The farm can survive just by recycling the waste the household generate. However, ones in a while, he will buy food pellets for the rabbits, “just to diversify a little their source of nutrition.” The backyard farm, in spite of its size, earns Acosta money.
“I sell one kilo of earthworms at Sh2,500. A kilo of vermicus goes for Sh50. I sell rabbit meat at Sh600 per Kg,” he says. Visitors pay him Sh1,000 to have a close look of the farm. Students – those who want to learn from his wisdom – have to part with Sh5,000. Not forgetting that he too derives his food from the farm. “Rabbit meat is among the best white meat in the world. It has near zero fat content and it is very nutritious. I am happy knowing that the rabbit I eat has been bread in an organic ecosystem,” Acosta says.
Since he recycles every waste back into the ecosystem, one would expect a putrid smell around his home. However, the air within the home compound is fresh in a city that is chocking with industry smoke and fumes from motor vehicles. Even his neighbors cannot smell the millions sitting at his backyard. “This system is presided over by good natural bacteria. There is a balance in oxygen and carbon dioxide levels because the plants act as carbon sinks.” The ‘hobby’ has proved successful. Acosta has since bought about a quarter of an acre in Kitengela where he wants to replicate the system so that he can utilize its potential to create wealth. In his opinion, if every Kenyan created an integrated system like his, there would be plenty of food – with minimum production costs – to feed all Kenyans and even beyond.

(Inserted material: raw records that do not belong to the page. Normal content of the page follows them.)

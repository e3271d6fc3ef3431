-- ===== src/Stream/Rising.antt =====
-- A stream's reports never go back, and lead to where it stands.
use k8spodlogreceiver.Prelude.{
  ℕ, ◌+◌, ◌<◌, ◌≡◌, refl, sym, ap, ◌∙◌, inl, inr, true, false, List, [], ◌∷◌, ◌++◌, arith,
  if◌then◌else◌, Bool-cases, length, All, length-append, bytes_eq,
}
use mathlib.Core.Path.{subst}
use k8spodlogreceiver.Prelude.Int.{max_int}
use k8spodlogreceiver.Logline.Line.{Line}
use k8spodlogreceiver.Logline.Batch.{Batch}
use k8spodlogreceiver.Cursor.{Cursor, is_zero}
use k8spodlogreceiver.Cursor.Order.{NotBefore, NotBefore-refl}
use k8spodlogreceiver.Cursor.Counting.{count_at, count_at-le-length}
use k8spodlogreceiver.Cursor.Serving.{Served, Timed, Ascending}
use k8spodlogreceiver.Connection.{Consumed, Event}
use k8spodlogreceiver.Connection.Rounds.{lines_of}
use k8spodlogreceiver.Connection.Reports.{last_from, last_from-append}
use k8spodlogreceiver.Connection.Rising.{Rising, Rising-append, stream_connection_rises}
use k8spodlogreceiver.Stream.{Stream, Round, take_over, run}
use k8spodlogreceiver.Stream.Keeping.{connection, report_again, SamePosition, keeps_run}
use k8spodlogreceiver.Stream.Delivery.{
  Exact, Exact-take_over, Exact-told, Exact-same, Answered, ServedRounds,
}

-- From `c`, where the stream started, its reports lead to where it stands without going back, and
-- what it has brought in is exact.
pub record Leads (log base : List Line) (c : Cursor) (s : Stream) : Type 0 where
  pub exact : Exact log base s
  pub rising : Rising c s.reports
  pub told : last_from c s.reports ≡ s.resume

module _ (log : List Line) (timed : All Timed log) (ascending : Ascending log)
    (short : length log + length log < max_int) (base : List Line) (c : Cursor) where
  Leads-same : (s t : Stream) → SamePosition s t → Leads log base c s → Leads log base c t
  Leads-same s t p h = record {
    exact = Exact-same log base s t p.sent p.resume h.exact;
    rising = subst (Rising c) (sym p.reports) h.rising;
    told = ap (last_from c) p.reports ∙ h.told ∙ sym p.resume;
  }

  conn_rises :
      (s : Stream) (pipeline : ℕ → Batch → Consumed) (es : List Event)
      → Served s.resume (lines_of es) log
      → Leads log base c s
      → Rising s.resume (connection s pipeline es).progress
        × (last_from s.resume (connection s pipeline es).progress
            ≡ (take_over s (connection s pipeline es)).resume)
  unfolding take_over
  conn_rises s pipeline es a h =
      stream_connection_rises pipeline s.max_batch s.meta s.resume es
        (count_at s.resume.ts (base ++ h.exact.read)) h.exact.stands.counted
        (omega (
          arith,
          count_at-le-length s.resume.ts (base ++ h.exact.read),
          length-append base h.exact.read,
          length-append base (h.exact.read ++ h.exact.tail),
          length-append h.exact.read h.exact.tail,
          ap length h.exact.cut,
          ap length a.cut,
          length-append a.old (lines_of es ++ a.rest),
          length-append (lines_of es) a.rest,
        ))

  Leads-take_over :
      (s : Stream) (pipeline : ℕ → Batch → Consumed) (es : List Event)
      → Served s.resume (lines_of es) log
      → Leads log base c s
      → Leads log base c (take_over s (connection s pipeline es))
  unfolding take_over
  Leads-take_over s pipeline es a h =
      let r = conn_rises s pipeline es a h in
      record {
        exact = Exact-take_over log timed ascending (omega arith) base s pipeline es a h.exact;
        rising = Rising-append c s.reports _ h.rising (rw h.told r.0);
        told =
            last_from-append c s.reports _
            ∙ ap (λ d. last_from d (connection s pipeline es).progress) h.told
            ∙ r.1;
      }

  Leads-told :
      (s : Stream) (pipeline : ℕ → Batch → Consumed) (es : List Event)
      → Served s.resume (lines_of es) log
      → Leads log base c s
      → Leads log base c
          (report_again (take_over s (connection s pipeline es)) (connection s pipeline es))
  unfolding take_over
  Leads-told s pipeline es a h = elim (Bool-cases (is_zero d)) [
    | inl z ↦ record { exact = exact; rising = rw z t.rising; told = rw z (t.told ∙ stays z) }
    | inr z ↦ record {
      exact = exact;
      rising = rw z (
          Rising-append c (s.reports ++ (connection s pipeline es).progress) (d ∷ []) t.rising
            (subst (λ x. NotBefore x d) (sym (t.told ∙ moves z)) (NotBefore-refl d), z, tt));
      told = rw z (last_from-append c (s.reports ++ (connection s pipeline es).progress) (d ∷ []));
    }
  ]
    where
      t : Leads log base c (take_over s (connection s pipeline es))
      t = Leads-take_over s pipeline es a h

      d : Cursor
      d = (connection s pipeline es).delivered

      stays : is_zero d ≡ true → (if is_zero d then s.resume else d) ≡ s.resume
      stays z = ap (λ b. if b then s.resume else d) z

      moves : is_zero d ≡ false → (if is_zero d then s.resume else d) ≡ d
      moves z = ap (λ b. if b then s.resume else d) z

      exact :
          Exact log base
            (report_again (take_over s (connection s pipeline es)) (connection s pipeline es))
      exact = Exact-told log timed ascending (omega arith) base s pipeline es a h.exact

-- A container's log of fewer than 2^62 - 1 lines, and a stream and answers as for
-- `Stream.Delivery.run-Exact`: what the stream brings in is exact, and the positions that it
-- reports never go back and lead from where it started to where it stands.
pub run-Leads :
    (log base : List Line) (s : Stream) (is : List Round)
    → All Timed log
    → Ascending log
    → length log + length log < max_int
    → ServedRounds log (record s { backoff = s.backoff_cfg.initial_interval }) is
    → s.reports ≡ []
    → Exact log base s
    → Leads log base s.resume (run s is).0
run-Leads log base s is t a l h e x =
    keeps_run (Answered log) (Leads log base s.resume) (Leads-same log t a l base s.resume)
      (λ s t es e. subst (λ c. Served c (lines_of es) log) (sym e))
      (Leads-take_over log t a l base s.resume) (Leads-told log t a l base s.resume) s is h
      (record { exact = x; rising = rw e tt; told = rw e refl })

For instance, he says, earthworms alone would easily make someone a millionaire. One kilogram produces 2kg in a month. This increases exponentially – 4, 8, 32, 64, 128, 256, 512, 1024 then 2048 by the time 12 months are over. “Within a year, for a farmer who started with just 1Kg of earthworm, they could make Sh5, 120,000 because every Kg of earthworm is worth Sh2500,” Freddie says. The amount of revenue a farmer generates from an integrated ecosystem would vary depending on their skill and dedication, he adds.